When I work on the weekly Quick Takes post, I generally just go with whatever caught my attention over the last week. Some weeks seem to end up with a theme, while others are more scattershot. This week is more scattershot and maybe even a little quirky. The data I get shows some real variability in reads from week to week, and I can’t figure out what makes one week more interesting than another. Anyway, enjoy.
Sub-Saharan Africa’s time to mine
The IMF article Harnessing Sub-Saharan Africa’s Critical Mineral Wealth (4/29/2024) has a couple of interesting facts. First is this graph.

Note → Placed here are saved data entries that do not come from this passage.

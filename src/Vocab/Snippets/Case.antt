-- ===== src/Vocab/Snippets/Case.antt =====
-- Triggers and their letter case.
use mathlib.Core.Path.{fun_ext}
use agent_voca.Prelude.{◌≡◌, refl, ap, ◌∙◌, [], ◌∷◌, none}
use agent_voca.Text.{Text, Unicode, lower}
use agent_voca.Vocab.Match.{substitute}
use agent_voca.Vocab.Match.Laws.{substitute-id}
use agent_voca.Vocab.Dictionary.{Mapping, get}
use agent_voca.Vocab.Snippets.{Expander, expansion, expand}

module _ (u : Unicode) where
  expansion-id :
      (e : Expander) → ((x : Text) → get e.snippets (lower u x) ≡ none) → expansion u e ≡ (λ x. x)
  unfolding expansion
  expansion-id e h = fun_ext (λ x. rw (h x, expansion) refl)

  expand_with :
      (e : Expander) (l : Mapping) (text : Text)
      → ((x : Text) → get e.snippets (lower u x) ≡ none)
      → (elim l [ [] ↦ text | _ ∷ _ ↦ substitute u e.pattern (expansion u e) none 0 text ]) ≡ text
  expand_with e [] text h = refl
  expand_with e (k ∷ l) text h =
      ap (λ (f : Text → Text). substitute u e.pattern f none 0 text) (expansion-id e h)
      ∙ substitute-id u e.pattern none 0 text

  -- When no trigger is in lower case, so that no lower-cased text is a key of the snippets, expanding
  -- leaves every text as it is, though the pattern matches the triggers in any case.
  pub expand-capitalized :
      (e : Expander) (text : Text)
      → ((x : Text) → get e.snippets (lower u x) ≡ none)
      → expand u e text ≡ text
  unfolding expand
  expand-capitalized e [] h = refl
  expand-capitalized e (c ∷ s) h = expand_with e e.snippets (c ∷ s) h
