-- ===== src/Control/Config.antt =====
-- The packet types of src/stream/proto/control/packet.rs: RawControlPacketType is its number, and
-- ControlPacketConfig says which number each type has for a server.
pub mod Types
use moonlight_common_rust.Common.{
  ℕ, Bool, true, false, ◌&&◌, Option, none, some, ◌==◌, if◌then◌else◌,
}
use moonlight_common_rust.Common.Int.{ℤ, pos, eq_ℤ}
use moonlight_common_rust.Version.{ServerVersion, version, at_least, is_sunshine_like}

pub record ControlPacketConfig : Type 0 where
  pub server_version : ServerVersion
  pub periodic_ping : Option ℕ
  pub request_idr : ℕ
  pub start_b : ℕ
  pub invalidate_reference_frames : ℕ
  pub long_term_reference_frame_acknowledgement : Option ℕ
  pub loss_stats : ℕ
  pub frame_stats : ℕ
  pub rumble_data : Option ℕ
  pub server_termination : Option ℕ
  pub hdr_mode : Option ℕ
  pub input_data : ℕ
  pub frame_fec : Option ℕ
  pub rumble_triggers : Option ℕ
  pub set_motion_event : Option ℕ
  pub set_rgb_led : Option ℕ
  pub set_adaptive_triggers : Option ℕ
  pub web_state : Option ℕ

abbrev pub periodic_ping_version : ServerVersion
periodic_ping_version = version 7 1 415

abbrev pub then_some : Bool → ℕ → Option ℕ
then_some true n = some n
then_some false n = none

abbrev pub gen5 : ServerVersion → ControlPacketConfig
gen5 v = record {
  server_version = v;
  periodic_ping = none;
  request_idr = 0x0305;
  start_b = 0x0307;
  invalidate_reference_frames = 0x0301;
  long_term_reference_frame_acknowledgement = none;
  loss_stats = 0x0201;
  frame_stats = 0x0204;
  rumble_data = none;
  server_termination = none;
  hdr_mode = none;
  input_data = 0x0207;
  frame_fec = then_some (is_sunshine_like v) 0x5502;
  rumble_triggers = none;
  set_motion_event = none;
  set_rgb_led = none;
  set_adaptive_triggers = none;
  web_state = none;
}

abbrev pub gen7_encrypted : ServerVersion → ControlPacketConfig
gen7_encrypted v = record {
  server_version = v;
  periodic_ping = then_some (at_least v periodic_ping_version) 0x0200;
  request_idr = 0x0302;
  start_b = 0x0307;
  invalidate_reference_frames = 0x0301;
  long_term_reference_frame_acknowledgement = some 0x0350;
  loss_stats = 0x0201;
  frame_stats = 0x0204;
  rumble_data = some 0x010b;
  server_termination = some 0x0109;
  hdr_mode = some 0x010e;
  input_data = 0x0206;
  frame_fec = then_some (is_sunshine_like v) 0x5502;
  rumble_triggers = some 0x5500;
  set_motion_event = some 0x5501;
  set_rgb_led = some 0x5502;
  set_adaptive_triggers = some 0x5503;
  web_state = none;
}

abbrev pub gen6 : ServerVersion → ControlPacketConfig
gen6 v = record {
  server_version = v;
  periodic_ping = then_some (at_least v periodic_ping_version) 0x0200;
  request_idr = 0x0305;
  start_b = 0x0307;
  invalidate_reference_frames = 0x0301;
  long_term_reference_frame_acknowledgement = some 0x0350;
  loss_stats = 0x0201;
  frame_stats = 0x0204;
  rumble_data = some 0x010b;
  server_termination = some 0x0100;
  hdr_mode = some 0x010e;
  input_data = 0x0206;
  frame_fec = then_some (is_sunshine_like v) 0x5502;
  rumble_triggers = none;
  set_motion_event = none;
  set_rgb_led = none;
  set_adaptive_triggers = none;
  web_state = none;
}

unfoldable pub new : ServerVersion → Bool → Option ControlPacketConfig
new v encrypted =
    if eq_ℤ v.major (pos 5)
    then some (gen5 v)
    else if eq_ℤ v.major (pos 7) && encrypted
    then some (gen7_encrypted v)
    else if eq_ℤ v.major (pos 6)
    then some (gen6 v)
    else if eq_ℤ v.major (pos 7)
    then some (gen6 v)
    else none

pub data PacketDirection : Type 0 where
  client_bound server_bound : PacketDirection

pub data ControlPacketType : Type 0 where
  periodic_ping request_idr start_b invalidate_reference_frames
        long_term_reference_frame_acknowledgement loss_stats frame_stats controller_rumble_data
        termination hdr_mode input_data frame_fec controller_rumble_triggers controller_set_motion
        controller_set_led controller_set_adaptive_triggers web_state :
      ControlPacketType

unfoldable pub direction : ControlPacketType → PacketDirection
direction controller_rumble_data = client_bound
direction termination = client_bound
direction hdr_mode = client_bound
direction controller_rumble_triggers = client_bound
direction controller_set_motion = client_bound
direction controller_set_led = client_bound
direction controller_set_adaptive_triggers = client_bound
direction periodic_ping = server_bound
direction request_idr = server_bound
direction start_b = server_bound
direction invalidate_reference_frames = server_bound
direction long_term_reference_frame_acknowledgement = server_bound
direction loss_stats = server_bound
direction frame_stats = server_bound
direction input_data = server_bound
direction frame_fec = server_bound
direction web_state = server_bound

unfoldable pub serialize_ty : ControlPacketType → ControlPacketConfig → Option ℕ
serialize_ty periodic_ping c = c.periodic_ping
serialize_ty request_idr c = some c.request_idr
serialize_ty start_b c = some c.start_b
serialize_ty invalidate_reference_frames c = some c.invalidate_reference_frames
serialize_ty long_term_reference_frame_acknowledgement c =
    c.long_term_reference_frame_acknowledgement
serialize_ty loss_stats c = some c.loss_stats
serialize_ty frame_stats c = some c.frame_stats
serialize_ty controller_rumble_data c = c.rumble_data
serialize_ty termination c = c.server_termination
serialize_ty hdr_mode c = c.hdr_mode
serialize_ty input_data c = some c.input_data
serialize_ty frame_fec c = c.frame_fec
serialize_ty controller_rumble_triggers c = c.rumble_triggers
serialize_ty controller_set_motion c = c.set_motion_event
serialize_ty controller_set_led c = c.set_rgb_led
serialize_ty controller_set_adaptive_triggers c = c.set_adaptive_triggers
serialize_ty web_state c = c.web_state

-- `Some(id) == field`
unfoldable pub is_some_of : ℕ → Option ℕ → Bool
is_some_of id none = false
is_some_of id (some n) = id == n

unfoldable pub deserialize_ty : PacketDirection → ControlPacketConfig → ℕ → Option ControlPacketType
unfolding is_some_of
deserialize_ty client_bound c id =
    if is_some_of id c.hdr_mode
    then some hdr_mode
    else if is_some_of id c.server_termination
    then some termination
    else if is_some_of id c.set_motion_event
    then some controller_set_motion
    else if is_some_of id c.set_rgb_led
    then some controller_set_led
    else if is_some_of id c.rumble_data
    then some controller_rumble_data
    else if is_some_of id c.rumble_triggers
    then some controller_rumble_triggers
    else if is_some_of id c.set_adaptive_triggers
    then some controller_set_adaptive_triggers
    else none
deserialize_ty server_bound c id =
    if is_some_of id c.periodic_ping
    then some periodic_ping
    else if id == c.request_idr
    then some request_idr
    else if id == c.start_b
    then some start_b
    else if is_some_of id c.frame_fec
    then some frame_fec
    else if id == c.invalidate_reference_frames
    then some invalidate_reference_frames
    else if is_some_of id c.long_term_reference_frame_acknowledgement
    then some long_term_reference_frame_acknowledgement
    else if id == c.loss_stats
    then some loss_stats
    else if id == c.frame_stats
    then some frame_stats
    else if id == c.input_data
    then some input_data
    else if is_some_of id c.web_state
    then some web_state
    else none
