-- ===== src/Control/Config/Types.antt =====
-- The numbers of the packet types, read back.
use moonlight_common_rust.Common.{ℕ, ◌≡◌, arith, Bool, some, IsU16}
use moonlight_common_rust.Version.{ServerVersion}
use moonlight_common_rust.Control.Config.{
  ControlPacketConfig, ControlPacketType, request_idr, new, direction, serialize_ty, deserialize_ty,
  gen5, gen6, gen7_encrypted,
}

-- The number is read back as the type it was made of, and it has 16 bits.
abbrev pub ReadsBack : ControlPacketConfig → Type 0
ReadsBack c =
    (t : ControlPacketType) (id : ℕ)
    → serialize_ty t c ≡ some id
    → (deserialize_ty (direction t) c id ≡ some t) × IsU16 id

gen5-ReadsBack : (v : ServerVersion) → ReadsBack (gen5 v)
unfolding serialize_ty deserialize_ty direction
gen5-ReadsBack v request_idr id e = ground arith
gen5-ReadsBack v _ id e = ground arith

gen6-ReadsBack : (v : ServerVersion) → ReadsBack (gen6 v)
unfolding serialize_ty deserialize_ty direction
gen6-ReadsBack v request_idr id e = ground arith
gen6-ReadsBack v _ id e = ground arith

gen7_encrypted-ReadsBack : (v : ServerVersion) → ReadsBack (gen7_encrypted v)
unfolding serialize_ty deserialize_ty direction
gen7_encrypted-ReadsBack v request_idr id e = ground arith
gen7_encrypted-ReadsBack v _ id e = ground arith

-- For every version and encryption for which there is a configuration: the number that a packet type
-- is given has 16 bits and, in the direction of that type, is read back as that type. So no two types
-- of one direction share a number.
pub deserialize_ty-serialize_ty :
    (v : ServerVersion) (encrypted : Bool) (c : ControlPacketConfig)
    → new v encrypted ≡ some c
    → (t : ControlPacketType) (id : ℕ) → serialize_ty t c ≡ some id
    → (deserialize_ty (direction t) c id ≡ some t) × IsU16 id
unfolding new
deserialize_ty-serialize_ty v encrypted c made t id e =
    ground (arith, gen5-ReadsBack v t id, gen6-ReadsBack v t id, gen7_encrypted-ReadsBack v t id)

The demand for lithium needs to grow over 10 fold by 2050 to meet demand, with most of it for the (hopeful) energy transition. Other minerals also need large increases. I’m not convinced this will happen by 2050. What I wasn’t fully aware of was how much sub-Saharan Africa has in these minerals.
Between 2022 and 2050, demand for nickel will double, cobalt triple and lithium rise tenfold, according to the International Energy Agency. With sub-Saharan Africa estimated to hold about 30 percent of the volume of proven critical mineral reserves, this transition—if managed properly—has the potential to transform the region, the latest Regional Economic Outlook reports.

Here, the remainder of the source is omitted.